Acides aminés, protéines et enzymologie : support de cours L1SpS UE2

Acides Aminés, Protéines, Enzymologie

Ce chapitre aborde les constituants fondamentaux du vivant : les acides aminés, leurs polymères les protéines, et les enzymes qui catalysent les réactions biologiques.

Les Éléments de Base : Les Acides Aminés

Les acides aminés (AA) sont les monomères constitutifs des protéines. Ils possèdent une structure générale commune et des propriétés physico-chimiques variées.

Structure Générale d'un Acide α-Aminé

• Chaque acide α-aminé possède un carbone α central lié à :
  • Un groupe amine (NH₂)
  • Un groupe carboxyle (COOH)
  • Un atome d'hydrogène (H)
  • Une chaîne latérale variable, appelée radical (R)
• Le carbone α est asymétrique (chiral) pour tous les AA sauf la glycine (où R=H).
• Les acides α-aminés naturels sont majoritairement de la série L (conformation S du carbone α).

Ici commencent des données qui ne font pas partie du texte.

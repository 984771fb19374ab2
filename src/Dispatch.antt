-- ===== src/Dispatch.antt =====
-- `trigger_events` of crates/flow/src/triggers.rs: which payloads a trigger is resolved to, and what
-- it starts. The registered actions are an argument; the processes, messages and hooks that a
-- trigger starts are values.
pub mod Specs
use rind.Prelude.{
  Bool, true, false, Option, none, some, List, [], ◌∷◌, ◌++◌, map, if◌then◌else◌, ◌==◌,
}
use rind.Map
use rind.Map.{Map}
use rind.Text.{Text, codes, text_eq}
use rind.Text.Split.{split, split_once, rsplit_once, strip_prefix}
use rind.Json.{Json, string, object, Entries, end, entry, get}
use rind.Payload.{JsonCodec, FlowPayload, into_json, to_string_payload}
use rind.Matching.{FlowInstance}
use rind.Facets.{Facets}

pub record Trigger : Type 0 where
  pub hook : Option Text
  pub script : Option Text
  pub exec : Option Text
  pub args : Option (List Text)
  pub facet : Option Text
  pub impulse : Option Text
  pub service : Option Text
  pub timer : Option Text
  pub socket : Option Text
  pub stop : Option Bool
  pub payload : Option Json
  pub action : Option Text

module _ (codec : JsonCodec) where
  -- the value at a path, where a key that is missing is passed over
  unfoldable pub walk : List Text → Json → Json
  walk [] cur = cur
  walk (key ∷ path) cur = elim (get key cur) [ none ↦ walk path cur | some v ↦ walk path v ]

  -- `as_str` or else `to_string`
  abbrev pub shown : Json → Text
  shown (string s) = s
  shown v = codec.to_string v

  unfoldable pub resolve_path : FlowInstance → Text → Text
  unfolding walk
  resolve_path branch path = elim branch.payload [
    | FlowPayload.json s ↦ shown (walk (split b'/' path) (into_json codec s))
    | p ↦ to_string_payload codec p
  ]

  -- what follows `facet:` in a text
  unfoldable pub facet_spec : Json → Option Text
  facet_spec (string s) = strip_prefix (codes "facet:") s
  facet_spec v = none

  -- the first value with a facet, by what stands before its last colon
  unfoldable pub primary_state : Entries → Option Text
  unfolding facet_spec
  primary_state end = none
  primary_state (entry k v rest) =
      let next = primary_state rest in
      elim (facet_spec v) [
        | none ↦ next
        | some spec ↦ elim (rsplit_once b':' spec) [ none ↦ next | some p ↦ some p.0 ]
      ]

  abbrev pub first_of : Option (List FlowInstance) → Option FlowInstance
  first_of (some (b ∷ bs)) = some b
  first_of _ = none

  -- a value of the object, for one branch of the primary state
  unfoldable pub resolve_value : Facets → Text → FlowInstance → Json → Json
  unfolding facet_spec resolve_path
  resolve_value facets state branch v = elim (facet_spec v) [
    | none ↦ v
    | some spec ↦ elim (split_once b'/' spec) [
      | none ↦ v
      | some p ↦ elim (if p.0 == state then some branch else first_of (Map.get p.0 facets)) [
        | none ↦ v
        | some b ↦ string (resolve_path b p.1)
      ]
    ]
  ]

  unfoldable pub resolve_entries : Facets → Text → FlowInstance → Entries → Entries
  unfolding resolve_value
  resolve_entries facets state branch end = end
  resolve_entries facets state branch (entry k v rest) =
      entry k (resolve_value facets state branch v) (resolve_entries facets state branch rest)

  -- the payloads of the resolved triggers, where there is a graph
  unfoldable pub resolve_payload : Facets → Option Json → List (Option Json)
  unfolding resolve_path primary_state resolve_entries
  resolve_payload facets (some (string s)) = elim (rsplit_once b':' s) [
    | none ↦ some (string s) ∷ []
    | some (state, path) ↦
        map (λ branch. some (string (resolve_path branch path))) (Map.get_or state [] facets)
  ]
  resolve_payload facets (some (object es)) = elim (primary_state es) [
    | none ↦ some (object es) ∷ []
    | some state ↦
        map (λ branch. some (object (resolve_entries facets state branch es)))
          (Map.get_or state [] facets)
  ]
  resolve_payload facets payload = payload ∷ []

  unfoldable pub resolve_trigger : Option Facets → Trigger → List Trigger
  unfolding resolve_payload
  resolve_trigger none trigger = trigger ∷ []
  resolve_trigger (some facets) trigger =
      map (λ payload. record trigger { payload = payload }) (resolve_payload facets trigger.payload)

-- What a trigger starts.
pub data Started : Type 0 where
  spawn_script : Text → Started
  spawn : Text → Option (List Text) → Started
  start_facet start_impulse : Text → Option Json → Started
  -- a runtime, its action and the name of what it acts on
  dispatch : Text → Text → Text → Started
  trigger_hooks trigger_hooks_mut : Text → Started
  -- a runtime and its action with `exec`, `args` and `stop`
  dispatch_action : Text → Text → Option Text → Option (List Text) → Option Bool → Started
  nothing : Started

abbrev pub start_or_stop : Option Bool → Text
start_or_stop (some true) = codes "stop"
start_or_stop stop = codes "start"

-- the registered action, `none` where no actions are set
unfoldable pub start_action : Option (Map Text Text) → Trigger → Started
start_action actions trigger = elim trigger.action [
  | none ↦ nothing
  | some action ↦ elim actions [
    | none ↦ nothing
    | some inner ↦ elim (Map.get action inner) [
      | none ↦ nothing
      | some runtime ↦ elim (split_once b':' runtime) [
        | none ↦ nothing
        | some p ↦ dispatch_action p.0 p.1 trigger.exec trigger.args trigger.stop
      ]
    ]
  ]
]

unfoldable pub start_unit : Option (Map Text Text) → Trigger → Started
unfolding start_action
start_unit actions trigger = elim trigger.timer [
  | some timer ↦ dispatch (codes "timer") (start_or_stop trigger.stop) timer
  | none ↦ elim trigger.socket [
    | some socket ↦ dispatch (codes "sockets") (start_or_stop trigger.stop) socket
    | none ↦ start_action actions trigger
  ]
]

-- the hook where there is a log, the timer, the socket or the action
unfoldable pub start_rest : Bool → Option (Map Text Text) → Trigger → Started
unfolding start_unit
start_rest true actions trigger = elim trigger.hook [
  | some hook ↦ elim trigger.stop [ some true ↦ trigger_hooks_mut hook | _ ↦ trigger_hooks hook ]
  | none ↦ start_unit actions trigger
]
start_rest false actions trigger = start_unit actions trigger

-- the branches on what the trigger names, in their order; `log` says whether there is a log
unfoldable pub start : Bool → Option (Map Text Text) → Trigger → Started
unfolding start_rest
start log actions trigger = elim trigger.script [
  | some script ↦ spawn_script script
  | none ↦ elim trigger.exec [
    | some exec ↦ spawn exec trigger.args
    | none ↦ elim trigger.facet [
      | some state ↦ start_facet state trigger.payload
      | none ↦ elim trigger.impulse [
        | some signal ↦ start_impulse signal trigger.payload
        | none ↦ elim trigger.service [
          | some service ↦ dispatch (codes "services") (start_or_stop trigger.stop) service
          | none ↦ start_rest log actions trigger
        ]
      ]
    ]
  ]
]

-- `trigger_events`
unfoldable pub trigger_events :
    JsonCodec → Option Facets → Bool → Option (Map Text Text) → List Trigger → List Started
unfolding start resolve_trigger
trigger_events codec facets log actions [] = []
trigger_events codec facets log actions (trigger ∷ triggers) =
    map (start log actions) (resolve_trigger codec facets trigger)
    ++ trigger_events codec facets log actions triggers
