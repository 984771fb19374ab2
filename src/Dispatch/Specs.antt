-- ===== src/Dispatch/Specs.antt =====
-- How `trigger_events` of crates/flow/src/triggers.rs reads the value that names the primary state.
use rind.Prelude.{
  ℕ, ◌≡◌, ◌≢◌, refl, false, some, [], ◌∷◌, ◌++◌, ◌==◌, ==_iff, arith, ap, sym, ◌∙◌, Option-cases,
  Bool-cases, inl, inr, nat_beq_iff,
}
use rind.Text.{Text, text_eq}
use rind.Text.Split.{split_once, rsplit_once}
use rind.Json.{Json}
use rind.Payload.{JsonCodec}
use rind.Matching.{FlowInstance}
use rind.Facets.{Facets}
use rind.Dispatch.{facet_spec, resolve_value}

split_once-append :
    (c : ℕ) (s : Text) {p : Text × Text} → split_once c s ≡ some p → s ≡ p.0 ++ c ∷ p.1
unfolding split_once
split_once-append c [] h = cc
split_once-append c (d ∷ s) {p} h = elim (Option-cases (split_once c s)) [
  | inl missing ↦ ground (arith, missing, nat_beq_iff d c)
  | inr (q, found) ↦ ground (arith, found, split_once-append c s found, nat_beq_iff d c)
]

rsplit_once-append :
    (c : ℕ) (s : Text) {p : Text × Text} → rsplit_once c s ≡ some p → s ≡ p.0 ++ c ∷ p.1
unfolding rsplit_once
rsplit_once-append c [] h = cc
rsplit_once-append c (d ∷ s) {p} h = elim (Option-cases (rsplit_once c s)) [
  | inl missing ↦ ground (arith, missing, nat_beq_iff d c)
  | inr (q, found) ↦ ground (arith, found, rsplit_once-append c s found)
]

append-head : (a x y : Text) (c d : ℕ) → a ++ c ∷ x ≡ a ++ d ∷ y → c ≡ d
append-head [] x y c d h = ground arith
append-head (e ∷ a) x y c d h = append-head a x y c d (ground arith)

parts_apart :
    (c d : ℕ) (s : Text) {p q : Text × Text}
    → c ≢ d
    → rsplit_once c s ≡ some p
    → split_once d s ≡ some q
    → (q.0 == p.0) ≡ false
parts_apart c d s {p} {q} apart h g = elim (Bool-cases (q.0 == p.0)) [
  | inr other ↦ other
  | inl same ↦ absurd (
      apart (
        append-head p.0 p.1 q.1 c d (
          sym (rsplit_once-append c s h)
          ∙ split_once-append d s g
          ∙ ap (λ (t : Text). t ++ d ∷ q.1) ((==_iff q.0 p.0).0 same))))
]

-- The value whose facet names the primary state, up to the last colon, is resolved to the same for
-- every branch of that state.
pub resolve_value_same :
    (codec : JsonCodec) (facets : Facets) (v : Json) (spec : Text) (p : Text × Text)
    (branch other : FlowInstance)
    → facet_spec codec v ≡ some spec
    → rsplit_once b':' spec ≡ some p
    → resolve_value codec facets p.0 branch v ≡ resolve_value codec facets p.0 other v
unfolding resolve_value
resolve_value_same codec facets v spec p branch other h g =
    elim (Option-cases (split_once b'/' spec)) [
      | inl missing ↦ rw (h, missing, resolve_value) refl
      | inr (q, found) ↦
          let apart : (q.0 == p.0) ≡ false =
            parts_apart b':' b'/' spec (λ e. omega (arith, e)) g found in
          rw (h, found, apart, resolve_value) refl
    ]
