-- ===== src/Examples.antt =====
-- The theorems about the daemon's crates at concrete inputs.
mod Ring
mod Accounts
mod Rights
mod ScopeIndex
mod Logins
mod Saving
mod Settings
mod Names
mod Values
mod Facets
mod ScopeFiles
mod Services
mod Isolation
mod Branches
mod Registered
mod Instances
mod Triggered
mod Requests
mod Stopped
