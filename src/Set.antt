-- ===== src/Set.antt =====
-- `HashSet<T>` as a list, and what its operations say of membership.
use rind.Prelude.{◌≡◌, refl, Bool, true, false, List, [], ◌∷◌, arith, if◌then◌else◌, Eq, ◌==◌}

module _ {ℓ} {A : Type ℓ} ⦃e : Eq A⦄ where
  unfoldable pub contains : A → List A → Bool
  contains a [] = false
  contains a (x ∷ xs) = if x == a then true else contains a xs

  unfoldable pub insert : A → List A → List A
  unfolding contains
  insert a xs = if contains a xs then xs else a ∷ xs

  unfoldable pub remove : A → List A → List A
  remove a [] = []
  remove a (x ∷ xs) = if x == a then remove a xs else x ∷ remove a xs

  pub contains-nil : (a : A) → contains a [] ≡ false
  unfolding contains
  contains-nil a = refl

  pub contains-insert :
      (a b : A) (xs : List A) → contains b (insert a xs) ≡ (if a == b then true else contains b xs)
  unfolding contains insert
  contains-insert a b xs = ground (arith, e.beq_iff a b, contains_congr a b xs)
    where
      contains_congr : (a b : A) (xs : List A) → a ≡ b → contains a xs ≡ contains b xs
      contains_congr a b xs p = rw p

  pub contains-remove :
      (a b : A) (xs : List A) → contains b (remove a xs) ≡ (if a == b then false else contains b xs)
  unfolding contains remove
  contains-remove a b [] = ground arith
  contains-remove a b (x ∷ xs) =
      ground (arith, e.beq_iff a b, e.beq_iff x a, e.beq_iff x b, contains-remove a b xs)

  pub contains-cons_self : (a : A) (xs : List A) → contains a (a ∷ xs) ≡ true
  unfolding contains
  contains-cons_self a xs = ground (arith, e.beq_iff a a)

  pub contains-cons : (a x : A) (xs : List A) → contains a xs ≡ true → contains a (x ∷ xs) ≡ true
  unfolding contains
  contains-cons a x xs h = ground arith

Propriétés des Acides Aminés

• Les AA existent sous forme d'ions dipolaires (zwitterions) à pH physiologique, avec un groupe amine protoné (NH₃⁺) et un groupe carboxyle déprotoné (COO⁻).
• Ils sont solubles dans l'eau en raison de leur caractère ionique.
• Il existe 20 acides aminés naturels qui sont les "briques" des protéines.
• Certains sont synthétisés par l'organisme, d'autres sont essentiels et doivent être apportés par l'alimentation.

Classification des Acides Aminés selon la Polarité de leur Chaîne Latérale (R)

La nature du radical R détermine les propriétés physico-chimiques de l'AA.

• Acides aminés apolaires (hydrophobes) :
  • Glycine (Gly, G)
  • Alanine (Ala, A)
  • Valine (Val, V) - Essentiel
  • Leucine (Leu, L) - Essentiel
  • Isoleucine (Ile, I) - Essentiel
  • Méthionine (Met, M) - Essentiel
  • Proline (Pro, P) - Acide α-iminé, hétérocycle pyrrol
  • Phénylalanine (Phe, F) - Essentiel, aromatique
  • Tryptophane (Trp, W) - Essentiel, aromatique, hétérocyclique

  Ces AA sont solubles dans les solvants organiques.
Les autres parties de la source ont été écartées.